Another criticism that could be raised against the addition of subjective recklessness to the section is that it is not necessary. The primary target pool of perpetrators is easily captured by s.33, and those who disclose or redistribute with other intentions may be pursued under privacy law or dealt with under the remit of other offences. Having such a provision might prove a harsh punishment for careless behaviour, especially knowing that it will most likely affect young people.
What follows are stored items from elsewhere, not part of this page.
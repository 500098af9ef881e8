-- ===== src/Macros/Define/Laws.antt =====
-- `parse_define` on parameter lists that are well formed.
use co.Prelude.{
  ℕ, zero, suc, ◌<◌, ◌≡◌, ◌≢◌, refl, sym, ap, ◌∙◌, subst, Bool, true, false, List, [], ◌∷◌, ◌++◌,
  append_assoc, append-nil, Bytes, some, span, span-all, length, ◌==◌, arith,
}
use co.Prelude.Outcome.{Outcome, ok, ◌>>=◌}
use co.Directives.Defined.{skip_blanks}
use co.Directives.Idents.Laws.{IsWord, AllWords}
use co.Macros.Define.{
  ParamList, is_ellipsis, behind_paren, skip_comma, fixed_list, ParamStep, finish, continue,
  named_param, param_step, parse_params, define_named, define_trimmed, define_with, parse_define,
}
use co.Macros.Table.{macro_def_from_parts}
use co.Utils.Ascii.{bytes_to_str-IsAscii}
use co.Utils.Classes.{
  is_blank, is_alphabetic, is_alphanumeric, is_ident_start_byte, is_ident_cont_byte,
}
use co.Utils.Text.{trim}

-- A parameter list and the text behind it.
unfoldable pub print_params : List Bytes → Bytes → Bytes
print_params [] body = b')' ∷ body
print_params (p ∷ []) body = p ++ b')' ∷ body
print_params (p ∷ q ∷ ps) body = p ++ b',' ∷ b' ' ∷ print_params (q ∷ ps) body

is_ellipsis-other : (a : ℕ) (s : Bytes) → a ≢ b'.' → is_ellipsis (a ∷ s) ≡ false
unfolding is_ellipsis
is_ellipsis-other a [] h = refl
is_ellipsis-other a (b ∷ []) h = refl
is_ellipsis-other a (b ∷ c ∷ s) h = ground arith

start_is_plain :
    (c : ℕ)
    → is_ident_start_byte c ≡ true
    → (is_blank c ≡ false) × ((c == b')') ≡ false) × (c ≢ b'.')
unfolding is_ident_start_byte is_blank is_alphabetic
start_is_plain c h = (ground arith, ground arith, λ e. ground arith)

-- One parameter with the byte behind it.
param_step-word :
    (acc : List Bytes) (p : Bytes) (d : ℕ) (s : Bytes) (w : IsWord p)
    → is_ident_cont_byte d ≡ false
    → d ≢ b'.'
    → param_step acc w.head (w.tail ++ d ∷ s) ≡ ok (continue (acc ++ p ∷ []) (skip_comma (d ∷ s)))
unfolding param_step named_param
param_step-word acc p d s w e n =
    let plain = start_is_plain w.head w.starts in
    rw
      (
        plain.1,
        is_ellipsis-other w.head (w.tail ++ d ∷ s) plain.2,
        w.starts,
        span-all is_ident_cont_byte w.tail (d ∷ s) w.continues e,
        bytes_to_str-IsAscii (w.head ∷ w.tail) w.ascii,
        is_ellipsis-other d s n,
      )
      (ap (λ name. ok (continue (acc ++ name ∷ []) (skip_comma (d ∷ s)))) (sym w.split))

-- What a round does with the step.
abbrev pub continues : ℕ → Outcome ParamStep → Outcome (ParamList × Bytes)
continues f o = o >>= λ step. elim step [
  | finish list rest ↦ ok (list, rest)
  | continue params rest ↦ parse_params f params rest
]

abbrev at_cursor : ℕ → List Bytes → Bytes → Outcome (ParamList × Bytes)
at_cursor f acc [] = ok (fixed_list acc, [])
at_cursor f acc (c ∷ r) = continues f (param_step acc c r)

parse_params_at :
    (f : ℕ) (acc : List Bytes) (s : Bytes)
    → parse_params (suc f) acc s ≡ at_cursor f acc (skip_blanks s)
unfolding parse_params param_step named_param is_ellipsis behind_paren skip_comma skip_blanks
parse_params_at f acc s = refl

pub parse_params_round :
    (f : ℕ) (acc : List Bytes) (s : Bytes) (c : ℕ) (r : Bytes)
    → skip_blanks s ≡ c ∷ r
    → parse_params (suc f) acc s ≡ continues f (param_step acc c r)
parse_params_round f acc s c r h = parse_params_at f acc s ∙ ap (at_cursor f acc) h

pub skip_blanks-start : (c : ℕ) (s : Bytes) → is_blank c ≡ false → skip_blanks (c ∷ s) ≡ c ∷ s
unfolding skip_blanks
skip_blanks-start c s h = rw (h, skip_blanks, span) refl

skip_blanks-word : (p s : Bytes) → IsWord p → skip_blanks (p ++ s) ≡ p ++ s
skip_blanks-word p s w =
    let plain = start_is_plain w.head w.starts in
    subst (λ x. skip_blanks (x ++ s) ≡ x ++ s) (sym w.split)
      (skip_blanks-start w.head (w.tail ++ s) plain.0)

-- A word of the list with the byte behind it, and the rest of the list.
parse_params_word :
    (f : ℕ) (acc : List Bytes) (p : Bytes) (d : ℕ) (s tail : Bytes)
    → IsWord p
    → is_ident_cont_byte d ≡ false
    → d ≢ b'.'
    → skip_blanks s ≡ p ++ d ∷ tail
    → parse_params (suc f) acc s ≡ parse_params f (acc ++ p ∷ []) (skip_comma (d ∷ tail))
parse_params_word f acc p d s tail w e n h =
    parse_params_round f acc s w.head (w.tail ++ d ∷ tail) (h ∙ ap (λ x. x ++ d ∷ tail) w.split)
    ∙ ap (continues f) (param_step-word acc p d tail w e n)

parse_params_close :
    (f : ℕ) (acc : List Bytes) (s body : Bytes)
    → skip_blanks s ≡ b')' ∷ body
    → parse_params (suc f) acc s ≡ ok (fixed_list acc, body)
unfolding param_step
parse_params_close f acc s body h = parse_params_round f acc s b')' body h

close_is_plain : (is_ident_cont_byte b')' ≡ false) × (is_ident_cont_byte b',' ≡ false)
unfolding is_ident_cont_byte is_alphanumeric
close_is_plain = (refl, refl)

skip_comma-close : (body : Bytes) → skip_comma (b')' ∷ body) ≡ b')' ∷ body
unfolding skip_comma is_blank
skip_comma-close body = refl

skip_comma-comma : (s : Bytes) → skip_comma (b',' ∷ s) ≡ s
unfolding skip_comma is_blank
skip_comma-comma s = refl

skip_blanks-close : (body : Bytes) → skip_blanks (b')' ∷ body) ≡ b')' ∷ body
skip_blanks-close body = skip_blanks-start b')' body (unfold is_blank in refl)

skip_blanks-space : (s : Bytes) → skip_blanks (b' ' ∷ s) ≡ skip_blanks s
unfolding skip_blanks is_blank
skip_blanks-space s = refl

print_params-plain :
    (ps : List Bytes) (body : Bytes)
    → AllWords ps
    → skip_blanks (print_params ps body) ≡ print_params ps body
unfolding print_params
print_params-plain [] body h = skip_blanks-close body
print_params-plain (p ∷ []) body h = skip_blanks-word p (b')' ∷ body) h.0
print_params-plain (p ∷ q ∷ ps) body h =
    skip_blanks-word p (b',' ∷ b' ' ∷ print_params (q ∷ ps) body) h.0

parse_params-print :
    (f : ℕ) (acc ps : List Bytes) (s body : Bytes)
    → AllWords ps
    → length ps < f
    → skip_blanks s ≡ print_params ps body
    → parse_params f acc s ≡ ok (fixed_list (acc ++ ps), body)
unfolding print_params
parse_params-print zero acc ps s body w h e = absurd (omega arith)
parse_params-print (suc f) acc [] s body w h e =
    parse_params_close f acc s body e ∙ ap (λ ps. ok (fixed_list ps, body)) (sym (append-nil acc))
parse_params-print (suc zero) acc (p ∷ []) s body w h e = absurd (omega arith)
parse_params-print (suc (suc f)) acc (p ∷ []) s body w h e =
    parse_params_word (suc f) acc p b')' s body w.0 close_is_plain.0 (λ x. omega arith) e
    ∙ ap (parse_params (suc f) (acc ++ p ∷ [])) (skip_comma-close body)
    ∙ parse_params_close f (acc ++ p ∷ []) (b')' ∷ body) body (skip_blanks-close body)
parse_params-print (suc f) acc (p ∷ q ∷ ps) s body w h e =
    let more = b' ' ∷ print_params (q ∷ ps) body in
    parse_params_word f acc p b',' s more w.0 close_is_plain.1 (λ x. omega arith) e
    ∙ ap (parse_params f (acc ++ p ∷ [])) (skip_comma-comma more)
    ∙ parse_params-print f (acc ++ p ∷ []) (q ∷ ps) more body w.1 (omega arith)
        (skip_blanks-space (print_params (q ∷ ps) body) ∙ print_params-plain (q ∷ ps) body w.1)
    ∙ ap (λ ps'. ok (fixed_list ps', body)) (append_assoc acc (p ∷ []) (q ∷ ps))

module _ (is_xid_start is_xid_continue : ℕ → Bool) where
  define_trimmed-word :
      (f : ℕ) (name : Bytes) (d : ℕ) (s : Bytes)
      → IsWord name
      → is_ident_cont_byte d ≡ false
      → define_trimmed is_xid_start is_xid_continue f (name ++ d ∷ s)
        ≡ define_named is_xid_start is_xid_continue f name (d ∷ s)
  unfolding define_trimmed define_named
  define_trimmed-word f name d s w e =
      ap (λ x. define_trimmed is_xid_start is_xid_continue f (x ++ d ∷ s)) w.split
      ∙ named
      ∙ ap (λ x. define_named is_xid_start is_xid_continue f x (d ∷ s)) (sym w.split)
    where
      named :
          define_trimmed is_xid_start is_xid_continue f (w.head ∷ w.tail ++ d ∷ s)
          ≡ define_named is_xid_start is_xid_continue f (w.head ∷ w.tail) (d ∷ s)
      named =
          rw
            (
              w.starts,
              define_trimmed,
              span-all is_ident_cont_byte w.tail (d ∷ s) w.continues e,
              bytes_to_str-IsAscii (w.head ∷ w.tail) w.ascii,
            )
            refl

  open_is_plain : is_ident_cont_byte b'(' ≡ false
  unfolding is_ident_cont_byte is_alphanumeric
  open_is_plain = refl

  -- What `parse_define` makes of a function-like macro's line, from its parameters on.
  pub parse_define-function :
      (f : ℕ) (line name s : Bytes)
      → IsWord name
      → trim line ≡ name ++ b'(' ∷ s
      → parse_define is_xid_start is_xid_continue f line
        ≡ (parse_params f [] s >>= λ p. define_with is_xid_start is_xid_continue name true p)
  unfolding parse_define define_named
  parse_define-function f line name s w h =
      ap (define_trimmed is_xid_start is_xid_continue f) h
      ∙ define_trimmed-word f name b'(' s w open_is_plain

  -- A function-like macro written with its parameters parted by commas is read with just these
  -- parameters and the trimmed text behind the list for its body.
  pub parse_define-print :
      (f : ℕ) (line name : Bytes) (params : List Bytes) (body : Bytes)
      → IsWord name
      → AllWords params
      → length params < f
      → trim line ≡ name ++ b'(' ∷ print_params params body
      → parse_define is_xid_start is_xid_continue f line ≡ (
          macro_def_from_parts is_xid_start is_xid_continue name true params false false (trim body)
          >>= λ d. ok (some d))
  unfolding define_with
  parse_define-print f line name params body w ws l h =
      parse_define-function f line name (print_params params body) w h
      ∙ ap (λ o. o >>= λ p. define_with is_xid_start is_xid_continue name true p)
          (parse_params-print f [] params (print_params params body) body ws l
            (print_params-plain params body ws))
The proposed reform must be considered in light of all the above-mentioned arguments. Criminal sanctions are harsh and, in some cases, arguably disproportionate to the perpetrator’s motives; however, the law cannot ignore the potential gravity that one’s actions may have on another or the ease with which images can be shared through digital technology. As such, the law must be reviewed. It is clear that while people are being prosecuted under s.33, it is lacking in its scope by targeting a small pool of perpetrators and there are issues with the prosecution being able to discharge their evidential burden. With technology developing at an ever-fast pace, the law is often outdated, and plays catch up with current criminal law issues surrounding online abuse. This means that the law is often reactive. Thus, the overall challenge for the government is to ensure that the law is proactive.
One thing that must be acknowledged is that the issues surrounding revenge porn are quite recent and are still developing, therefore the state of the current law may not yet be sufficiently developed to assist both lawyers and victims alike. More importantly, a lot more research is required to better understand revenge porn behaviour. Until then, the law cannot yet provide ideal redress and must be reviewed constantly.